Task brief -
Of all the lines in the material, count those containing the string "filename" and write only the resulting number.

Material shown -
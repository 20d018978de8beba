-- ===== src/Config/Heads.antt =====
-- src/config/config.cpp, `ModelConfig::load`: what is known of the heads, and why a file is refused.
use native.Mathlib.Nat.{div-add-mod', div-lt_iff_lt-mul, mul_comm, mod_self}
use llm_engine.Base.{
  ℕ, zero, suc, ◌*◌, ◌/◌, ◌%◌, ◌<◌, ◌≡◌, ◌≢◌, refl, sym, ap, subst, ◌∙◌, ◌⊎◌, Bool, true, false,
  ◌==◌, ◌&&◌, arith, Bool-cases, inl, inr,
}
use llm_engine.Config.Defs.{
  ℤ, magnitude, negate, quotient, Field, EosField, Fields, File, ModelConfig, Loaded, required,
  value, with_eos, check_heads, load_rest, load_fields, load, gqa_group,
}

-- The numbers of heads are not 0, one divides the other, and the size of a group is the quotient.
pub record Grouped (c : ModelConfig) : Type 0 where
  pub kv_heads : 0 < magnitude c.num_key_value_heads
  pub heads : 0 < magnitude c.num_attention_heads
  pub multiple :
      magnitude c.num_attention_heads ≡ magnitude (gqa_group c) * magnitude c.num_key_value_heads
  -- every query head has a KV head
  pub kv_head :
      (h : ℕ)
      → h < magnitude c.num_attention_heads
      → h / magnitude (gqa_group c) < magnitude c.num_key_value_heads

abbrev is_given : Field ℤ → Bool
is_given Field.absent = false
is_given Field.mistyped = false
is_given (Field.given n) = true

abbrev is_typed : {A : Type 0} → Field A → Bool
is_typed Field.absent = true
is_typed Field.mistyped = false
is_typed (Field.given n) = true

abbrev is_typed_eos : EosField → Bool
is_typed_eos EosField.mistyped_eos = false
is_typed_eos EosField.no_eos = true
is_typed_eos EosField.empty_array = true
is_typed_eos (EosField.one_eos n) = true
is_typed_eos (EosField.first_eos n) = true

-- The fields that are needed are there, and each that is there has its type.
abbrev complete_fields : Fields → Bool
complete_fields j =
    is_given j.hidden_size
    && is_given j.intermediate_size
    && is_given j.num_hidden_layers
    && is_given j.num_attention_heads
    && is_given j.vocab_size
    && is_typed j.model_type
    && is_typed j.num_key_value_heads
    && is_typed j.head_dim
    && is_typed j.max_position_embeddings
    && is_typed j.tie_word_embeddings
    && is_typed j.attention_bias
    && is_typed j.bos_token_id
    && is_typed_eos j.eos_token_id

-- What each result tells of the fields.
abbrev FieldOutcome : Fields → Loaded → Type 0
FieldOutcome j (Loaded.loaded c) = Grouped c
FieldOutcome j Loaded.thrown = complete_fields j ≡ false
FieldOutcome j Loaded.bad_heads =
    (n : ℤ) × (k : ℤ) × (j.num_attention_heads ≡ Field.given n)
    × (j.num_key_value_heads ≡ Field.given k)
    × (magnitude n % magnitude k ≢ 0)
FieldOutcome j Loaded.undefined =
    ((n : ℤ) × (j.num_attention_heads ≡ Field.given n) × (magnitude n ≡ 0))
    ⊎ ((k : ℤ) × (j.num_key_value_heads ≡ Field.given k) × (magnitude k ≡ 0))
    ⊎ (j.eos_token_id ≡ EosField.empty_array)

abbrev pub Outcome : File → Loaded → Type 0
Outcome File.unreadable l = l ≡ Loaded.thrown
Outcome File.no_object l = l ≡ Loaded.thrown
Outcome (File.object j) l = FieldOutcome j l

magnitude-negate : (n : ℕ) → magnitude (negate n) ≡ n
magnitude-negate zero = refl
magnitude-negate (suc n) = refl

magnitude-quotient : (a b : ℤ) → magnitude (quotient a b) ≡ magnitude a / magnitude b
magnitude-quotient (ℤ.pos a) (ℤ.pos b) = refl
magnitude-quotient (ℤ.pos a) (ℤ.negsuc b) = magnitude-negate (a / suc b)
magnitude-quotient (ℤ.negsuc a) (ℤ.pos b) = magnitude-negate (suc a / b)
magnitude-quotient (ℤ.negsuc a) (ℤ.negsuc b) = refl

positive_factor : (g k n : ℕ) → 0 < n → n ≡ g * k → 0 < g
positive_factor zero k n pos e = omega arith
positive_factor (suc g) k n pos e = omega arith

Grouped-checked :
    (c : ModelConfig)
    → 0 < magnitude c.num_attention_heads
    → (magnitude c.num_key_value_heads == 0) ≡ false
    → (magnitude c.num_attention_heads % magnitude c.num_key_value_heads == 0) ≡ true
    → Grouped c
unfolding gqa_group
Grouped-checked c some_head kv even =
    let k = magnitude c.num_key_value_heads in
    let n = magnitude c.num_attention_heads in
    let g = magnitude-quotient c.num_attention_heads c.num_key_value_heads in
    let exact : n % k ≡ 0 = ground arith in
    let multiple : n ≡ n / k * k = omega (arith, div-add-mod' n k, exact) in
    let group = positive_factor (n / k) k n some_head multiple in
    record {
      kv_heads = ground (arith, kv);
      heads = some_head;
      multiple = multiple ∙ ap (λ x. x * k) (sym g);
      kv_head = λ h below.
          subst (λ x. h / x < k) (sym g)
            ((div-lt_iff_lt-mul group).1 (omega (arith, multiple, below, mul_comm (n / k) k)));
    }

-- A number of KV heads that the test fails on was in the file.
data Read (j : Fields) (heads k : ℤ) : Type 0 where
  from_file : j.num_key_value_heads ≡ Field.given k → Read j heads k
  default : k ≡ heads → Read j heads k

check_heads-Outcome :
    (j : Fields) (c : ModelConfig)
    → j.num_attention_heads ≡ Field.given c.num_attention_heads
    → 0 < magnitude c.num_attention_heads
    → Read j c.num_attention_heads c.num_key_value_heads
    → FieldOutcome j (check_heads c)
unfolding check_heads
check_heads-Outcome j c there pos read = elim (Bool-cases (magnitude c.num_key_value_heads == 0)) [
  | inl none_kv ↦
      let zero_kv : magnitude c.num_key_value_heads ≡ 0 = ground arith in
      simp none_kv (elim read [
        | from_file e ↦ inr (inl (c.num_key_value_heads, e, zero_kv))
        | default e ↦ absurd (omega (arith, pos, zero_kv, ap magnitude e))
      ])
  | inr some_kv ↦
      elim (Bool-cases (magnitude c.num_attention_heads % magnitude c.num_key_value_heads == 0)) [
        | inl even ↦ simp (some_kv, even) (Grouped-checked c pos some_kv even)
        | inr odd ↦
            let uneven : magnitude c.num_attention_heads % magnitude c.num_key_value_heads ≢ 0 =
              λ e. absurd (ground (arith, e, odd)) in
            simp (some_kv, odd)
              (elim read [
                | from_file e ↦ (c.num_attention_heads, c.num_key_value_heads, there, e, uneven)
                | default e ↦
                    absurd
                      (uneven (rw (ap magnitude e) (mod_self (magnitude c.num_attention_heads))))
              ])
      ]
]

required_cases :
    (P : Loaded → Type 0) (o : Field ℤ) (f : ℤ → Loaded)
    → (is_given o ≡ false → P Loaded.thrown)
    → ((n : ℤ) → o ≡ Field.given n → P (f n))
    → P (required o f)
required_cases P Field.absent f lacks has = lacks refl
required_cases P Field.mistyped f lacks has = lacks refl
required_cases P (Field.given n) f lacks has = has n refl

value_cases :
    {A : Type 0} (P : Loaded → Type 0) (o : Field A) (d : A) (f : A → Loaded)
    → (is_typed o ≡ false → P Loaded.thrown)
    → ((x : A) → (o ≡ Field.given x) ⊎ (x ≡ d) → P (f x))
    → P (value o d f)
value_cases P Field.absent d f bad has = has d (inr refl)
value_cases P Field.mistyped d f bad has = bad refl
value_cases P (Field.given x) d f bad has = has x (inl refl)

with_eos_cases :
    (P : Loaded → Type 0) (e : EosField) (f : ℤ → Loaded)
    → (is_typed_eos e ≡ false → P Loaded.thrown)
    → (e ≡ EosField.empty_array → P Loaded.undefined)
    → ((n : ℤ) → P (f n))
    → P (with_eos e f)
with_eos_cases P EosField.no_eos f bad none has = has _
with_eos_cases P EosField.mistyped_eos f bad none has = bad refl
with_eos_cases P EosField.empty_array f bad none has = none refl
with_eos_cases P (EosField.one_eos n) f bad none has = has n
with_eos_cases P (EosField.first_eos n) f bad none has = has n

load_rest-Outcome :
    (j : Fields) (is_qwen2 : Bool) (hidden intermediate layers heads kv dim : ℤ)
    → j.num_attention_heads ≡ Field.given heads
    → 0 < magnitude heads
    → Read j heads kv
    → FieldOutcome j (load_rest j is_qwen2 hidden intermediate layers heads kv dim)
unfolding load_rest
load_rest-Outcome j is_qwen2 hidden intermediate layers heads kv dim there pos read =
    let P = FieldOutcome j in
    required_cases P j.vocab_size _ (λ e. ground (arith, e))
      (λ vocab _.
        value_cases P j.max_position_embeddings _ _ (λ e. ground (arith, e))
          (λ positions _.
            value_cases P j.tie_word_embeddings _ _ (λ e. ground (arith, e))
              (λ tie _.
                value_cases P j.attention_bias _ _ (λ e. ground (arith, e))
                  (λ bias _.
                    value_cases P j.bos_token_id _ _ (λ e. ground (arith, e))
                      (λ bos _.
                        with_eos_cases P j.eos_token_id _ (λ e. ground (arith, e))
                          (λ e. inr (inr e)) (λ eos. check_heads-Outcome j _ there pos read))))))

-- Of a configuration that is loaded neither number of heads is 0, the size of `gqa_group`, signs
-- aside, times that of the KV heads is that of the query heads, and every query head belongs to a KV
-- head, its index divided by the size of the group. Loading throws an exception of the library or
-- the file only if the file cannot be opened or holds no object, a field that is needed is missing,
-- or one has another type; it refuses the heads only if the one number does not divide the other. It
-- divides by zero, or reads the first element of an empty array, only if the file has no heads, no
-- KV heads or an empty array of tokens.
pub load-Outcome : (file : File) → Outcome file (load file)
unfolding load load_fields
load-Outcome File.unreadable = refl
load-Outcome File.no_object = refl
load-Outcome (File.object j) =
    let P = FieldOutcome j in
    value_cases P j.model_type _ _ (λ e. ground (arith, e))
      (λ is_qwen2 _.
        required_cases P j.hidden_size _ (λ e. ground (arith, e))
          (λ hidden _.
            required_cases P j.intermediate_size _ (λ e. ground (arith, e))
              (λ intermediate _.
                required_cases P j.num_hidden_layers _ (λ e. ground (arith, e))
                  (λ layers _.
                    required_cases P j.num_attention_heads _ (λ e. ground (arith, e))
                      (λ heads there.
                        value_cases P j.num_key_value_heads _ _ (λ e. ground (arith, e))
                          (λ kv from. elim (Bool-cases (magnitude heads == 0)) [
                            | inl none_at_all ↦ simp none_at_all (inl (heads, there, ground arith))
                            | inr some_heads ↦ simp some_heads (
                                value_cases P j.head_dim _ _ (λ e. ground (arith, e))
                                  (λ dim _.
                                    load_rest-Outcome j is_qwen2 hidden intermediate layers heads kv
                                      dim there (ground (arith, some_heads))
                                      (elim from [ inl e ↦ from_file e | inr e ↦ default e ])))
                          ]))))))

--

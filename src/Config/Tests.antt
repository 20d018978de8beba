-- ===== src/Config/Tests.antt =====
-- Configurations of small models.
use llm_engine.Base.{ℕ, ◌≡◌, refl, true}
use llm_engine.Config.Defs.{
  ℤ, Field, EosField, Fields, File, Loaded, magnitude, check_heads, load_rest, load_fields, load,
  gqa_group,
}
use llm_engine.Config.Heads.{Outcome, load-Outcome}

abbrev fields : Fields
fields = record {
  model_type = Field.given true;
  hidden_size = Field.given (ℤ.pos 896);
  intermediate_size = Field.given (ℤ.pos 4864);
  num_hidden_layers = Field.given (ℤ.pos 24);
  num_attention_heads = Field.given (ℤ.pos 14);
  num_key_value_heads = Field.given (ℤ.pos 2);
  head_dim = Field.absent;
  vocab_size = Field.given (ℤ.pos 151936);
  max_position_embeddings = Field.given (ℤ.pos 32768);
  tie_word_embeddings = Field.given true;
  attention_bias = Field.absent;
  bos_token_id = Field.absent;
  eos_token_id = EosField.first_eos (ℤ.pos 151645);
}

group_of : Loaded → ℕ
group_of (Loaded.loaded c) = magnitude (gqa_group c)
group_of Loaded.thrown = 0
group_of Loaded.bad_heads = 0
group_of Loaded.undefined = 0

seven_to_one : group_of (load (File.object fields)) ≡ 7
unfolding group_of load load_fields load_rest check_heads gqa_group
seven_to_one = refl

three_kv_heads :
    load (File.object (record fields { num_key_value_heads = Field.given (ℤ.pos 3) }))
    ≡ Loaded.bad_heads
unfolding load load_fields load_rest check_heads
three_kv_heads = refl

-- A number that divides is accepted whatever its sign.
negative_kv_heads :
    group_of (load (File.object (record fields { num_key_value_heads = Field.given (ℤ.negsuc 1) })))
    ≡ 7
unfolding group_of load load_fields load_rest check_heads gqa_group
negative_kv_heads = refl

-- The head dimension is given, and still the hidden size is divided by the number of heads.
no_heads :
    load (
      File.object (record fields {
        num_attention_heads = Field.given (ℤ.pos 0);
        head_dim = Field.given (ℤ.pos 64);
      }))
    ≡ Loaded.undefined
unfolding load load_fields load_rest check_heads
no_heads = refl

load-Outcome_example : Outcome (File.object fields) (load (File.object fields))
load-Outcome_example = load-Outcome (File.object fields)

* * *

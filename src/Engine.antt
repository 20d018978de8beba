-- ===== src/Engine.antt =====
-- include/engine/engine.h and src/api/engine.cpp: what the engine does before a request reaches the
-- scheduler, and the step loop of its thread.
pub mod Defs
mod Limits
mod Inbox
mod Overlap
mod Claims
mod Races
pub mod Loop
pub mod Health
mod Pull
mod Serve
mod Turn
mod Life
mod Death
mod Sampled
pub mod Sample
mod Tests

Written solution -
2